====== SUPPLIED MATERIAL ======

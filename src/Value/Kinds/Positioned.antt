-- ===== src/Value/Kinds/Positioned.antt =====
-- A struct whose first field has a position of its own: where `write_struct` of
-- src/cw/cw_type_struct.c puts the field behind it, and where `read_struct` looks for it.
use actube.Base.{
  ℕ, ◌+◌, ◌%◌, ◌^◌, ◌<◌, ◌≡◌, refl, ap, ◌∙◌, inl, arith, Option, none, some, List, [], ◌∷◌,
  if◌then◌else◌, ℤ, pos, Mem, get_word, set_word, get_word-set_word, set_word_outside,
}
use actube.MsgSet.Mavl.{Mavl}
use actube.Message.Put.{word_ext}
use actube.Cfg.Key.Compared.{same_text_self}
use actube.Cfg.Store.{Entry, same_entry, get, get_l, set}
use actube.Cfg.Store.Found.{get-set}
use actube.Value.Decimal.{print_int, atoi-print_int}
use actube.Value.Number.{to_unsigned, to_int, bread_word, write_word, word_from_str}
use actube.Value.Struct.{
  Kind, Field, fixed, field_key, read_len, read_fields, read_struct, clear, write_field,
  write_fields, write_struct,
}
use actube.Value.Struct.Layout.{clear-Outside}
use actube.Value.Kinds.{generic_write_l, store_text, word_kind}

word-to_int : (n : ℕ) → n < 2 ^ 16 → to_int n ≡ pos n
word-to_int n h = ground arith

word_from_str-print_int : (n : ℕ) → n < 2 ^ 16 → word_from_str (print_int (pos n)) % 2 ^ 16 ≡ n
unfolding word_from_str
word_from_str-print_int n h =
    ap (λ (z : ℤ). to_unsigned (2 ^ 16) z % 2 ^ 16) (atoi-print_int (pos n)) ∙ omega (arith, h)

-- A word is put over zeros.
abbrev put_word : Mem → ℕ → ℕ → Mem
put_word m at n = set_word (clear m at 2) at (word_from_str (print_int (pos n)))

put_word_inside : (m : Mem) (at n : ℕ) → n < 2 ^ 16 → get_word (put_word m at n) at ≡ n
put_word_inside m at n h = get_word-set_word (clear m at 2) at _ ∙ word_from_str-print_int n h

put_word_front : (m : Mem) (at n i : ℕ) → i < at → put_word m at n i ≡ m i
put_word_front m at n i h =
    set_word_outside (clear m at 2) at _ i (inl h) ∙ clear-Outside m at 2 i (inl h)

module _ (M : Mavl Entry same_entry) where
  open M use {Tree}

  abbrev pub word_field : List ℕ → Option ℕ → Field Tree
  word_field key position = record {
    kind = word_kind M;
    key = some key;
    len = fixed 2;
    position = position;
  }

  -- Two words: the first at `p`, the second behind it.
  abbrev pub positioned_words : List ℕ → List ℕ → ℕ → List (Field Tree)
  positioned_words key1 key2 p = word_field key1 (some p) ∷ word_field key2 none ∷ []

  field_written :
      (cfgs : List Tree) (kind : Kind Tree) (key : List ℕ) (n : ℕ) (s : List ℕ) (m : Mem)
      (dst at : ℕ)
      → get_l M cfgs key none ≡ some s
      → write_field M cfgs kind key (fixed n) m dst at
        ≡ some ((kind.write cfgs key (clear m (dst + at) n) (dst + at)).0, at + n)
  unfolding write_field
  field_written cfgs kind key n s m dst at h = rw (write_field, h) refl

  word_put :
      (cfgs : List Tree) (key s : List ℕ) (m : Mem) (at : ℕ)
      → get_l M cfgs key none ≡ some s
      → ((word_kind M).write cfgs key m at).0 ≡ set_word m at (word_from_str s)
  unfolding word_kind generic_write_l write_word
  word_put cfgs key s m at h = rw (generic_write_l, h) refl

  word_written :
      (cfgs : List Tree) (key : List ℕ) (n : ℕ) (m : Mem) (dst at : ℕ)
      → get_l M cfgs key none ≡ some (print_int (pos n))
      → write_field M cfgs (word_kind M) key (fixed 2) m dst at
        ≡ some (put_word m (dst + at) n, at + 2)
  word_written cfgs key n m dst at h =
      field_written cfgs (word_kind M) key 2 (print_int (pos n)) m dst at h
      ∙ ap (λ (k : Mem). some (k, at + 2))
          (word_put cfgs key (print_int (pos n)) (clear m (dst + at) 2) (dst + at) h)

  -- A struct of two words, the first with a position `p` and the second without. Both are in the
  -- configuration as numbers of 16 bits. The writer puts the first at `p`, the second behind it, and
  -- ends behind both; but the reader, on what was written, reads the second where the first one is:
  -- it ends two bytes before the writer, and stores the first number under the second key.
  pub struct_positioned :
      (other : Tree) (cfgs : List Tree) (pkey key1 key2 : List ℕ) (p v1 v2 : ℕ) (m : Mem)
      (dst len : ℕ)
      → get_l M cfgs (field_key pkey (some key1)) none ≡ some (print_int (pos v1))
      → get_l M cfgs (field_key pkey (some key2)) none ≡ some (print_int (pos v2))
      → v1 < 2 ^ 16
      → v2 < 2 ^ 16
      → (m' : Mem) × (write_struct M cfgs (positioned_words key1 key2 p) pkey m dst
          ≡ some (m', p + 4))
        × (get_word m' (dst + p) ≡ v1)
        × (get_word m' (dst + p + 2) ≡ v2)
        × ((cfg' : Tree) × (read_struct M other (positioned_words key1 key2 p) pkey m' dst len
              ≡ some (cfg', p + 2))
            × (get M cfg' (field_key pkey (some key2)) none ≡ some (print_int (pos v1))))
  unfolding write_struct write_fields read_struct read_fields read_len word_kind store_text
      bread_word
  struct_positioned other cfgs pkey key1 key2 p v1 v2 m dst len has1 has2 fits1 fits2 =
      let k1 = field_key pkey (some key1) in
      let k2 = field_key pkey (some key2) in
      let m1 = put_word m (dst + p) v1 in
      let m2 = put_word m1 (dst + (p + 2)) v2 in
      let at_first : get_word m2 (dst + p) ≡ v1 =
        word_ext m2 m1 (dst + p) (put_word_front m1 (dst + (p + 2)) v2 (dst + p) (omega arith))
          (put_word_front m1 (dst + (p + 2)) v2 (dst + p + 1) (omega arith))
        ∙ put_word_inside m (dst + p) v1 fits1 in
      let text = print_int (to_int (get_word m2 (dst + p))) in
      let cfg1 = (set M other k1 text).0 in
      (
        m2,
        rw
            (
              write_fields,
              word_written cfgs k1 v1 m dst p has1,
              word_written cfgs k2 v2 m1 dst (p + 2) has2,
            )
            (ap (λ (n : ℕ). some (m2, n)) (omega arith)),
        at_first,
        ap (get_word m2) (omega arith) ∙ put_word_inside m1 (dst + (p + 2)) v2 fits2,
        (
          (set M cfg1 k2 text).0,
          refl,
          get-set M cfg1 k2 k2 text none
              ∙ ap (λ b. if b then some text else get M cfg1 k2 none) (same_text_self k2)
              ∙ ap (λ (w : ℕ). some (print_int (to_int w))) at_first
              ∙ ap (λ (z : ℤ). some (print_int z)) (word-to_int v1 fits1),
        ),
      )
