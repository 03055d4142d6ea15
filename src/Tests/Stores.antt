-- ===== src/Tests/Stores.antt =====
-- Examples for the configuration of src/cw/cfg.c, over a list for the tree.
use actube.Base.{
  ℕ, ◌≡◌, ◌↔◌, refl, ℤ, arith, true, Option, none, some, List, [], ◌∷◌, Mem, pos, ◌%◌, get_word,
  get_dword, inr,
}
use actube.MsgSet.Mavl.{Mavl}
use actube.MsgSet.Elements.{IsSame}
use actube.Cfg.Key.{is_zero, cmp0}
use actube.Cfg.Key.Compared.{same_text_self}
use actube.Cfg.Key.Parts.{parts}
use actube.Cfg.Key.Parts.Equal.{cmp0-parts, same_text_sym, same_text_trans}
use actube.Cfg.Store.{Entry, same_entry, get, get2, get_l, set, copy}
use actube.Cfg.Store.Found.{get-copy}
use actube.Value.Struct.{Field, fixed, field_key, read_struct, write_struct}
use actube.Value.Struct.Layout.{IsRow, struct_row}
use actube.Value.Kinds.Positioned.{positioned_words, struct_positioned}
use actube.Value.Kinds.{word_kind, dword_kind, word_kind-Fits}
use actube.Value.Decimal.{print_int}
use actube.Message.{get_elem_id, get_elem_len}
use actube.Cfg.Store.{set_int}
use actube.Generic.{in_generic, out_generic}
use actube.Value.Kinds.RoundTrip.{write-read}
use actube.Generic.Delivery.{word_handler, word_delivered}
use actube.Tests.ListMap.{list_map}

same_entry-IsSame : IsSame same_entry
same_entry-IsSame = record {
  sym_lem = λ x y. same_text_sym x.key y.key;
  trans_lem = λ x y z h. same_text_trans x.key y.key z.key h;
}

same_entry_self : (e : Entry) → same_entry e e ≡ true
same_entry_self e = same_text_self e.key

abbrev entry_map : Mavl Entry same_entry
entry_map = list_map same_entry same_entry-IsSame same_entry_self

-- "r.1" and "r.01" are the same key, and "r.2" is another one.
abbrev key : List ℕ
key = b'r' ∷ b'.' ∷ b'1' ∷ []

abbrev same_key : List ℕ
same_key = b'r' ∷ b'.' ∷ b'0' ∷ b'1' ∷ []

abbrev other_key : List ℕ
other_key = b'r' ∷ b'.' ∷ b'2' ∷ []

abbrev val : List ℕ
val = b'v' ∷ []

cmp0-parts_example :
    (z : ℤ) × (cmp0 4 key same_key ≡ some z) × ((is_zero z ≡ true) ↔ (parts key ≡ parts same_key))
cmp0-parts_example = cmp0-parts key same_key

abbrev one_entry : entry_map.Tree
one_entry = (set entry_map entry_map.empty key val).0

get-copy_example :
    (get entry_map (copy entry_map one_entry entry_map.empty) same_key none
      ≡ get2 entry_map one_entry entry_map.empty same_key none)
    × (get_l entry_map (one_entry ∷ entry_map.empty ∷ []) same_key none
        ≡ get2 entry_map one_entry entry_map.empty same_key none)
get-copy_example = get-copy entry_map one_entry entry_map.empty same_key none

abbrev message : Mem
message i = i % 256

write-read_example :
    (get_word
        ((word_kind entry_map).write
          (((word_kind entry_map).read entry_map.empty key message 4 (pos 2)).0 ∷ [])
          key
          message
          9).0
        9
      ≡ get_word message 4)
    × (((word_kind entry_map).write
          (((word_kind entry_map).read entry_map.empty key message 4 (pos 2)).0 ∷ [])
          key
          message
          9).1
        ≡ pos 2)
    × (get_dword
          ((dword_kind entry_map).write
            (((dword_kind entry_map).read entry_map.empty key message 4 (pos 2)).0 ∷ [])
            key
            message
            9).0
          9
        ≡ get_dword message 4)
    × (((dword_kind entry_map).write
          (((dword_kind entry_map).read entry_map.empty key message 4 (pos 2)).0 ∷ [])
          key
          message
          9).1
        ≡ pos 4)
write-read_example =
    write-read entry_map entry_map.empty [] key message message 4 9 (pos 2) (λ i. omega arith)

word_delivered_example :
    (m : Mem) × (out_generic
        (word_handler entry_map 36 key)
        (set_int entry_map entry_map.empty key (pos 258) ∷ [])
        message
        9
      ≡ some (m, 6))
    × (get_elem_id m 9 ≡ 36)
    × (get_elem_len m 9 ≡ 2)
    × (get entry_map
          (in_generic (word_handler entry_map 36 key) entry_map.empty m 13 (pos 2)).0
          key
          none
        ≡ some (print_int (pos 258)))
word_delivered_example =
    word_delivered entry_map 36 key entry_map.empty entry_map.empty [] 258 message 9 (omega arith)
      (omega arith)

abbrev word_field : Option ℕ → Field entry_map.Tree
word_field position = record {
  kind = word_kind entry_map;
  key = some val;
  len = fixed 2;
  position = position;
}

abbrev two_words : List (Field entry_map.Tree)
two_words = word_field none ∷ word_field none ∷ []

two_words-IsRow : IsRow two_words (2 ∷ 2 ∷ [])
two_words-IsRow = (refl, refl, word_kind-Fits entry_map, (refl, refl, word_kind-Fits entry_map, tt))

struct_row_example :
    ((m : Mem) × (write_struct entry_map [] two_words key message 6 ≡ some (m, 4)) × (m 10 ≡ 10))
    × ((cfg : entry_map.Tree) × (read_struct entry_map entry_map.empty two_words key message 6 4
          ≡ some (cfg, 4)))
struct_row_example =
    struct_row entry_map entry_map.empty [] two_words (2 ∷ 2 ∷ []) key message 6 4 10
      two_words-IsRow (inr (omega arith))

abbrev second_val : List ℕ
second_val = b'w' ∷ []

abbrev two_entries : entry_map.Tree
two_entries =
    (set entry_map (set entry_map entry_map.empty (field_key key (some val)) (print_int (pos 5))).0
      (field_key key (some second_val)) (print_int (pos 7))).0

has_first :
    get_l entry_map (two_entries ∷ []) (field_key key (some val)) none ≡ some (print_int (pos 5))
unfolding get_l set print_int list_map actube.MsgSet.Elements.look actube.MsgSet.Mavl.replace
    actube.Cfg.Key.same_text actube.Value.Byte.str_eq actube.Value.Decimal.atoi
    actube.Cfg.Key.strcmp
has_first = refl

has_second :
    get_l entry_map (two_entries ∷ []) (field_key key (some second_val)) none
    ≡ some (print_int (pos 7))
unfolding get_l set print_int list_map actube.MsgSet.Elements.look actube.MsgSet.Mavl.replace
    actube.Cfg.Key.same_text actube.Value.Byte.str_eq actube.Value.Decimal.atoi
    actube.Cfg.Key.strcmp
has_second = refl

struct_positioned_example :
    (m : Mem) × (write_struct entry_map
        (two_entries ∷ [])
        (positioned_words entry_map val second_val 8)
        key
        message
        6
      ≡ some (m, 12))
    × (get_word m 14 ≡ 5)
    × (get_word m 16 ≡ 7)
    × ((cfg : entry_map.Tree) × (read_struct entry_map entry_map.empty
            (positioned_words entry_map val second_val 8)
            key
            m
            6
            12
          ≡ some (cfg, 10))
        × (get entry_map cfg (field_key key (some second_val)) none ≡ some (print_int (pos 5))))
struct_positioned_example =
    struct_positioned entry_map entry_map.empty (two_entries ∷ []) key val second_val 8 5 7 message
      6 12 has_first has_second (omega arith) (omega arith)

======

**WORK REQUIRED:**
The answer should be only the number of lines in the data that contain the string "Tests".

**RESPONSE FOR THIS EXERCISE:**
3